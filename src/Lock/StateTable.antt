-- ===== src/Lock/StateTable.antt =====
-- internal/infrastructure/persistence/sqlite/state_lock_repository_impl.go: the table of state locks,
-- a row for each id. A call is not interrupted; failures of the database are left out, and times are
-- compared as numbers.
use deespec.Base.{
  ℕ, ◌+◌, String, Bool, not, ◌||◌, ltb, Option, some, none, List, [], ◌∷◌, Result, ok, err, ◌>>=◌,
  if◌then◌else◌,
}
use deespec.Base.Dict.{Dict, lookup, insert, delete}
use deespec.Lock.Acquire.{Call}
use deespec.Lock.StateLock.{
  LockType, StateLock, StateLockError, lock_not_found, new_state_lock, is_expired, update_heartbeat,
  extend,
}

abbrev pub StateLocks : Type 0
StateLocks = Dict StateLock

unfoldable pub find_state : String → StateLocks → Result StateLockError StateLock
unfolding lookup
find_state id table = elim (lookup id table) [ none ↦ err (lock_not_found id) | some row ↦ ok row ]

-- The creation and the INSERT, for an id without a row.
unfoldable pub insert_state :
    ℕ
    → Call
    → LockType
    → String
    → StateLocks
    → Result StateLockError (Option StateLock) × StateLocks
unfolding new_state_lock insert
insert_state ttl call lock_type id table =
    elim (new_state_lock call.pid call.hostname lock_type ttl call.inserts_at) [
      | err failure ↦ (err failure, table)
      | ok row ↦ (ok (some row), insert id row table)
    ]

-- `running` is isStateLockProcessRunning. The DELETE of a stale row matches by its process.
unfoldable pub acquire_state :
    (ℕ → Bool)
    → ℕ
    → Call
    → LockType
    → String
    → StateLocks
    → Result StateLockError (Option StateLock) × StateLocks
unfolding insert_state is_expired lookup delete
acquire_state running ttl call lock_type id table = elim (lookup id table) [
  | none ↦ insert_state ttl call lock_type id table
  | some row ↦
      if not (is_expired row call.now || not (running row.pid))
      then (ok none, table)
      else insert_state ttl call lock_type id (delete id table)
]

-- DELETE FROM state_locks WHERE lock_id = ?
unfoldable pub release_state : String → StateLocks → Result StateLockError StateLocks
unfolding find_state delete
release_state id table = find_state id table >>= λ _. ok (delete id table)

unfoldable pub update_state_heartbeat : String → ℕ → StateLocks → Result StateLockError StateLocks
unfolding find_state update_heartbeat insert
update_state_heartbeat id now table =
    find_state id table >>= λ row. ok (insert id (update_heartbeat row now) table)

unfoldable pub extend_state : String → ℕ → StateLocks → Result StateLockError StateLocks
unfolding find_state extend insert
extend_state id duration table =
    find_state id table >>= λ row. ok (insert id (extend row duration) table)

-- DELETE FROM state_locks WHERE expires_at < ?, and the number of rows deleted.
unfoldable pub cleanup_expired_states : ℕ → StateLocks → StateLocks × ℕ
cleanup_expired_states now [] = ([], 0)
cleanup_expired_states now ((id, row) ∷ table) =
    let (rest, count) = cleanup_expired_states now table in
    if ltb row.expires_at now then (rest, count + 1) else ((id, row) ∷ rest, count)

-- internal/application/service/lock_service.go: the heartbeats of a lock at these times, up to one that
-- fails.
unfoldable pub heartbeats : String → List ℕ → StateLocks → StateLocks
unfolding update_state_heartbeat
heartbeats id [] table = table
heartbeats id (now ∷ times) table = elim (update_state_heartbeat id now table) [
  | err failure ↦ table
  | ok table' ↦ heartbeats id times table'
]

• [Aim of the exercise] Reproduce verbatim the range of lines that opens the records and closes with the line containing "the table of". Omit everything after it.

• [Task solution]
filename src/Lock/StateTable.antt
-- ===== src/Lock/StateTable.antt =====
-- internal/infrastructure/persistence/sqlite/state_lock_repository_impl.go: the table of state locks,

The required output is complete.